-- ===== src/Disambiguate/Rounds.antt =====
-- The rounds end, when the descriptions stop changing from some detail on.
use Prim.Native.Nat.{◌*◌}
use Prim.Native.Nat.mul
use zaku.Prelude.{
  ℕ, zero, suc, ◌≤◌, ◌<◌, ◌≡◌, ◌↔◌, ◌∙◌, refl, sym, ap, inl, inr, Bool, Bool-cases, true, Option,
  some, List, [], ◌∷◌, map, any, length, All, arith,
}
use zaku.Disambiguate.{
  Entry, initial, visit, collides, bump, rounds, compute_disambiguation_details,
}
use zaku.Disambiguate.Details.{
  IsCurrent, room, room-visit, room-bump-lt, All-map-visit, All-map-bump, All-details,
}

length-map : {A B : Type 0} (f : A → B) (xs : List A) → length (map f xs) ≡ length xs
length-map f [] = refl
length-map f (x ∷ xs) = ap suc (length-map f xs)

-- A result of one detail for each entry, none of them more than one past `last`.
abbrev pub HasDetails : ℕ → ℕ → Option (List ℕ) → Type 0
HasDetails last count result =
    (details : List ℕ) × (result ≡ some details)
    × (length details ≡ count)
    × All (λ detail. detail ≤ suc last) details

module _ {T D : Type 0} (get_description : T → ℕ → D) (eq : D → D → Bool)
    (eq_iff : (c d : D) → (eq c d ≡ true) ↔ (c ≡ d)) (last : ℕ)
    (stable : (item : T) → get_description item (suc last) ≡ get_description item last) where
  abbrev E : Type 0
  E = Entry T D

  abbrev AreCurrent : List E → Type 0
  AreCurrent = All (IsCurrent get_description eq eq_iff last stable)

  rounds-HasDetails :
      (fuel : ℕ) (es : List E)
      → AreCurrent es
      → room get_description eq eq_iff last stable es < fuel
      → HasDetails last (length es) (rounds get_description eq fuel es)
  unfolding rounds
  rounds-HasDetails zero es c h = absurd (omega (arith, h))
  rounds-HasDetails (suc fuel) es c h =
      let visited = map (visit get_description eq) es in
      let v = All-map-visit get_description eq eq_iff last stable es c in
      elim (Bool-cases (any (collides eq visited) visited)) [
        | inl k ↦
            let bumped = map (bump eq visited) visited in
            let lt = room-bump-lt get_description eq eq_iff last stable visited visited v k in
            let same = room-visit get_description eq eq_iff last stable es in
            let (details, r, l, b) =
              rounds-HasDetails fuel bumped
                (All-map-bump get_description eq eq_iff last stable visited visited v)
                (omega (arith, lt, same, h)) in
            (
              details,
              rw (rounds, k) r,
              l ∙ length-map (bump eq visited) visited ∙ length-map (visit get_description eq) es,
              b,
            )
        | inr k ↦ (
          map (λ (e : E). e.detail) visited,
          rw (rounds, k),
          length-map (λ (e : E). e.detail) visited ∙ length-map (visit get_description eq) es,
          All-details get_description eq eq_iff last stable visited v,
        )
      ]

  initial-IsCurrent : (items : List T) → AreCurrent (map (initial get_description) items)
  initial-IsCurrent [] = tt
  initial-IsCurrent (item ∷ items) =
      (record { bounded = omega arith; described = inl refl }, initial-IsCurrent items)

  room-initial :
      (items : List T)
      → room get_description eq eq_iff last stable (map (initial get_description) items)
        ≡ length items * suc last
  room-initial [] = sym (mul.zero (suc last))
  room-initial (item ∷ items) = omega (arith, room-initial items, mul.suc (length items) (suc last))

  -- When the test `eq` is equality and no description changes from the detail `last` to the next:
  -- compute_disambiguation_details ends, after at most one round more than the items have details up
  -- to `last`, and gives each item a detail of at most one more than `last`.
  pub compute_disambiguation_details-HasDetails :
      (items : List T)
      → HasDetails last
          (length items)
          (compute_disambiguation_details get_description eq (suc (length items * suc last)) items)
  unfolding compute_disambiguation_details
  compute_disambiguation_details-HasDetails items =
      let (details, r, l, b) =
        rounds-HasDetails (suc (length items * suc last)) (map (initial get_description) items)
          (initial-IsCurrent items) (omega (arith, room-initial items)) in
      (details, r, l ∙ length-map (initial get_description) items, b)
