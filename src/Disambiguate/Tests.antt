-- ===== src/Disambiguate/Tests.antt =====
-- The runs of the source's tests, and the theorem for two files of one name.
use zaku.Prelude.{◌≡◌, refl, ℕ, zero, suc, ◌==◌, some, [], ◌∷◌, ==_iff, if◌then◌else◌}
use zaku.Disambiguate.{visit, collides, bump, rounds, compute_disambiguation_details}
use zaku.Disambiguate.Rounds.{HasDetails, compute_disambiguation_details-HasDetails}

-- A description is a number. The files 10 and 20 are called 1, the file 30 is called 3, and more
-- detail is the whole number.
abbrev name : ℕ → ℕ → ℕ
name file zero = if file == 30 then 3 else 1
name file (suc detail) = file

-- The files 10 and 11 are in directories of one name, 2: they need two details.
abbrev deep_name : ℕ → ℕ → ℕ
deep_name file zero = 1
deep_name file (suc zero) = if file == 30 then 3 else 2
deep_name file (suc (suc detail)) = file

no_conflicts : compute_disambiguation_details name ◌==◌ 2 (10 ∷ 30 ∷ []) ≡ some (0 ∷ 0 ∷ [])
unfolding compute_disambiguation_details rounds visit collides bump
no_conflicts = refl

two_way_conflict :
    compute_disambiguation_details name ◌==◌ 5 (10 ∷ 20 ∷ 30 ∷ []) ≡ some (1 ∷ 1 ∷ 0 ∷ [])
unfolding compute_disambiguation_details rounds visit collides bump
two_way_conflict = refl

deeper_conflict :
    compute_disambiguation_details deep_name ◌==◌ 10 (10 ∷ 11 ∷ 30 ∷ []) ≡ some (2 ∷ 2 ∷ 1 ∷ [])
unfolding compute_disambiguation_details rounds visit collides bump
deeper_conflict = refl

-- Two items that no detail tells apart: the descriptions stop changing, and so do the rounds.
same_item : compute_disambiguation_details name ◌==◌ 5 (10 ∷ 10 ∷ []) ≡ some (2 ∷ 2 ∷ [])
unfolding compute_disambiguation_details rounds visit collides bump
same_item = refl

compute_disambiguation_details-HasDetails_example :
    HasDetails 1 2 (compute_disambiguation_details name ◌==◌ 5 (10 ∷ 20 ∷ []))
compute_disambiguation_details-HasDetails_example =
    compute_disambiguation_details-HasDetails name ◌==◌ ==_iff 1 (λ item. refl) (10 ∷ 20 ∷ [])
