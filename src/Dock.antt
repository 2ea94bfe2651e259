-- ===== src/Dock.antt =====
-- crates/workspace/src/dock.rs: the panels of a dock, which of them is active, and whether the dock
-- is open. A panel handle is the record of what its methods answer; calls of panels are a list of
-- effects. The sizes of panels (floating-point pixels) and the focus are left out.
pub mod Sorted
pub mod Active
pub mod Restore
pub mod Toggle
mod Tests
use mathlib.Core.Option
use zaku.Prelude.{
  ℕ, suc, Bool, true, false, not, ◌&&◌, Option, none, some, List, [], ◌∷◌, ◌++◌, get_elem?, ltb,
  leb, ◌==◌, if◌then◌else◌, insert_idx, position, Result, ok, err,
}
use zaku.Text.{Str, str_eq}

pub record Panel : Type 0 where
  pub panel_id : ℕ
  pub persistent_name : Str
  pub activation_priority : ℕ
  pub starts_open : Bool
  pub enabled : Bool

-- crates/workspace/src/persistence/model.rs
pub record DockData : Type 0 where
  pub visible : Bool
  pub active_panel_name : Option Str
  pub auto_hidden : Bool

pub data PanelCall : Type 0 where
  set_active set_auto_hidden : ℕ → Bool → PanelCall

pub record Dock : Type 0 where
  pub panel_entries : List Panel
  pub is_open : Bool
  pub active_panel_index : Option ℕ
  pub serialized_dock : Option DockData
  pub calls : List PanelCall

-- `Dock::new`
abbrev pub empty_dock : Dock
empty_dock = record {
  panel_entries = [];
  is_open = false;
  active_panel_index = none;
  serialized_dock = none;
  calls = [];
}

abbrev pub get_panel : List Panel → Option ℕ → Option Panel
get_panel panels none = none
get_panel panels (some index) = get_elem? panels index

-- `active_panel` and `active_panel_entry`, of which this model has the panel alone.
abbrev pub active_panel : Dock → Option Panel
active_panel dock = get_panel dock.panel_entries dock.active_panel_index

unfoldable pub visible_entry : Dock → Option Panel
visible_entry dock = if dock.is_open then active_panel dock else none

-- The call of `set_active` that goes to a panel, if there is one.
abbrev pub tell_active : Option Panel → Bool → List PanelCall
tell_active none active = []
tell_active (some panel) active = set_active panel.panel_id active ∷ []

abbrev pub same_bool : Bool → Bool → Bool
same_bool true b = b
same_bool false b = not b

unfoldable pub set_open : Dock → Bool → Dock
set_open dock is_open = if same_bool is_open dock.is_open then dock else record dock {
  is_open = is_open;
  calls = dock.calls ++ tell_active (active_panel dock) is_open;
}

abbrev pub is_index : Option ℕ → ℕ → Bool
is_index none index = false
is_index (some active) index = active == index

unfoldable pub activate_panel : Dock → ℕ → Dock
activate_panel dock panel_index =
    if is_index dock.active_panel_index panel_index then dock else record dock {
      active_panel_index = some panel_index;
      calls =
          dock.calls
          ++ tell_active (active_panel dock) false
          ++ tell_active (get_elem? dock.panel_entries panel_index) true;
    }

abbrev pub has_name : Str → Panel → Bool
has_name persistent_name panel = str_eq panel.persistent_name persistent_name

unfoldable pub panel_index_for_persistent_name : Dock → Str → Option ℕ
panel_index_for_persistent_name dock persistent_name =
    position (has_name persistent_name) dock.panel_entries

-- The panel that a stored state names.
abbrev pub stored_index : Dock → DockData → Option ℕ
stored_index dock serialized = elim serialized.active_panel_name [
  | none ↦ none
  | some persistent_name ↦ panel_index_for_persistent_name dock persistent_name
]

abbrev pub hide_stored : Option Panel → Bool → List PanelCall
hide_stored none auto_hidden = []
hide_stored (some panel) auto_hidden = set_auto_hidden panel.panel_id auto_hidden ∷ []

unfoldable pub restore_panel : Dock → DockData → ℕ → Dock
restore_panel dock serialized panel_index =
    let hidden = record dock {
      calls =
          dock.calls
          ++ hide_stored (get_elem? dock.panel_entries panel_index) serialized.auto_hidden;
    } in
    if serialized.visible then activate_panel hidden panel_index else hidden

unfoldable pub restore_from : Dock → DockData → Dock
restore_from dock serialized =
    set_open
      (elim (stored_index dock serialized) [
        | none ↦ dock
        | some panel_index ↦ restore_panel dock serialized panel_index
      ])
      serialized.visible

unfoldable pub restore_state : Dock → Dock × Bool
restore_state dock = elim dock.serialized_dock [
  | none ↦ (dock, false)
  | some serialized ↦ (restore_from dock serialized, true)
]

-- Where a binary search by the priority ends in entries that are sorted by it: at the first entry
-- whose priority is not smaller. With a priority that is taken already, the library leaves open
-- which of its entries is found, and a build with debug assertions panics.
unfoldable pub search_priority : ℕ → List Panel → ℕ
search_priority priority [] = 0
search_priority priority (entry ∷ entries) =
    let rest = search_priority priority entries in
    if ltb entry.activation_priority priority then suc rest else 0

abbrev pub shift_index : ℕ → Option ℕ → Option ℕ
shift_index index none = none
shift_index index (some active) = some (if leb index active then suc active else active)

unfoldable pub insert_panel : Dock → Panel → ℕ → Dock
insert_panel dock panel index = record dock {
  panel_entries = insert_idx dock.panel_entries index panel;
  active_panel_index = shift_index index dock.active_panel_index;
}

unfoldable pub add_panel : Dock → Panel → Dock × ℕ
add_panel dock panel =
    let index = search_priority panel.activation_priority dock.panel_entries in
    let (restored_dock, restored) = restore_state (insert_panel dock panel index) in
    (
      (if not restored && panel.starts_open
          then set_open (activate_panel restored_dock index) true
          else restored_dock),
      index,
    )

-- The error stands for the message that names the dock's position.
pub data DockError : Type 0 where
  no_enabled_panel : DockError

unfoldable pub first_enabled_panel_idx : Dock → Result DockError ℕ
first_enabled_panel_idx dock =
    elim (position (λ (panel : Panel). panel.enabled) dock.panel_entries) [
      | none ↦ err no_enabled_panel
      | some index ↦ ok index
    ]

-- crates/workspace/src/workspace.rs, `toggle_dock`: what it does to the dock. A dock that is closed
-- opens on a panel that is enabled; where there is none, it stays closed.
abbrev pub needs_enabled_panel : Option Panel → Bool
needs_enabled_panel none = true
needs_enabled_panel (some panel) = not panel.enabled

unfoldable pub open_enabled : Dock → Dock
open_enabled dock =
    if needs_enabled_panel (active_panel dock)
    then (elim (first_enabled_panel_idx dock) [
      | err e ↦ dock
      | ok panel_index ↦ set_open (activate_panel dock panel_index) true
    ])
    else set_open dock true

unfoldable pub toggle_dock : Dock → Dock
toggle_dock dock = if dock.is_open then set_open dock false else open_enabled dock
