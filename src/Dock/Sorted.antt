-- ===== src/Dock/Sorted.antt =====
-- The panels of a dock stay in the order of their priorities.
use zaku.Prelude.{
  ℕ, zero, suc, ◌≤◌, ◌≡◌, List, [], ◌∷◌, arith, All, length, get_elem?, ltb, insert_idx, Bool-cases,
  inl, inr, leb, get_elem?-insert_idx_le, get_elem?-insert_idx_lt, if◌then◌else◌,
}
use zaku.Dock.{Panel, search_priority}

abbrev pub Ascending : List Panel → Type 0
Ascending [] = Unit
Ascending (p ∷ ps) =
    All (λ (q : Panel). p.activation_priority ≤ q.activation_priority) ps × Ascending ps

pub search_priority-le-length :
    (priority : ℕ) (panels : List Panel) → search_priority priority panels ≤ length panels
unfolding search_priority
search_priority-le-length priority [] = omega arith
search_priority-le-length priority (e ∷ es) = ground (arith, search_priority-le-length priority es)

All-insert_idx :
    (P : Panel → Type 0) (panels : List Panel) (i : ℕ) (panel : Panel)
    → All P panels
    → P panel
    → All P (insert_idx panels i panel)
All-insert_idx P panels zero panel h k = (k, h)
All-insert_idx P [] (suc i) panel h k = (k, tt)
All-insert_idx P (e ∷ es) (suc i) panel h k = (h.0, All-insert_idx P es i panel h.1 k)

All-le_trans :
    (a b : ℕ) (panels : List Panel)
    → a ≤ b
    → All (λ (q : Panel). b ≤ q.activation_priority) panels
    → All (λ (q : Panel). a ≤ q.activation_priority) panels
All-le_trans a b [] h k = tt
All-le_trans a b (e ∷ es) h k = (omega arith, All-le_trans a b es h k.1)

-- An insertion where the search ends keeps the order.
pub Ascending-insert_idx :
    (panels : List Panel) (panel : Panel)
    → Ascending panels
    → Ascending (insert_idx panels (search_priority panel.activation_priority panels) panel)
unfolding search_priority
Ascending-insert_idx [] panel h = (tt, tt)
Ascending-insert_idx (e ∷ es) panel h =
    elim (Bool-cases (ltb e.activation_priority panel.activation_priority)) [
      | inl q ↦
          rw (search_priority, q)
            (All-insert_idx _ es _ panel h.0 (ground arith), Ascending-insert_idx es panel h.1)
      | inr q ↦ rw (search_priority, q) ((ground arith, All-le_trans _ _ es (ground arith) h.0), h)
    ]

-- What stands before the place that the search finds is left there, and the rest moves one on.
pub get_elem?-shift :
    (panels : List Panel) (panel : Panel) (index active : ℕ)
    → index ≤ length panels
    → get_elem? (insert_idx panels index panel) (if leb index active then suc active else active)
      ≡ get_elem? panels active
get_elem?-shift panels panel index active h = elim (Bool-cases (leb index active)) [
  | inl q ↦ rw q (get_elem?-insert_idx_le panels index panel active h (ground arith))
  | inr q ↦ rw q (get_elem?-insert_idx_lt panels index panel active h (ground arith))
]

········

** Exercise prompt **
Return, exactly, the lines from the first line of the records above to the line containing "length-map f (x", both included.

** Solution **
-- ===== src/Disambiguate/Rounds.antt =====
-- The rounds end, when the descriptions stop changing from some detail on.
use Prim.Native.Nat.{◌*◌}
use Prim.Native.Nat.mul
use zaku.Prelude.{
  ℕ, zero, suc, ◌≤◌, ◌<◌, ◌≡◌, ◌↔◌, ◌∙◌, refl, sym, ap, inl, inr, Bool, Bool-cases, true, Option,
  some, List, [], ◌∷◌, map, any, length, All, arith,
}
use zaku.Disambiguate.{
  Entry, initial, visit, collides, bump, rounds, compute_disambiguation_details,
}
use zaku.Disambiguate.Details.{
  IsCurrent, room, room-visit, room-bump-lt, All-map-visit, All-map-bump, All-details,
}

length-map : {A B : Type 0} (f : A → B) (xs : List A) → length (map f xs) ≡ length xs
length-map f [] = refl
length-map f (x ∷ xs) = ap suc (length-map f xs)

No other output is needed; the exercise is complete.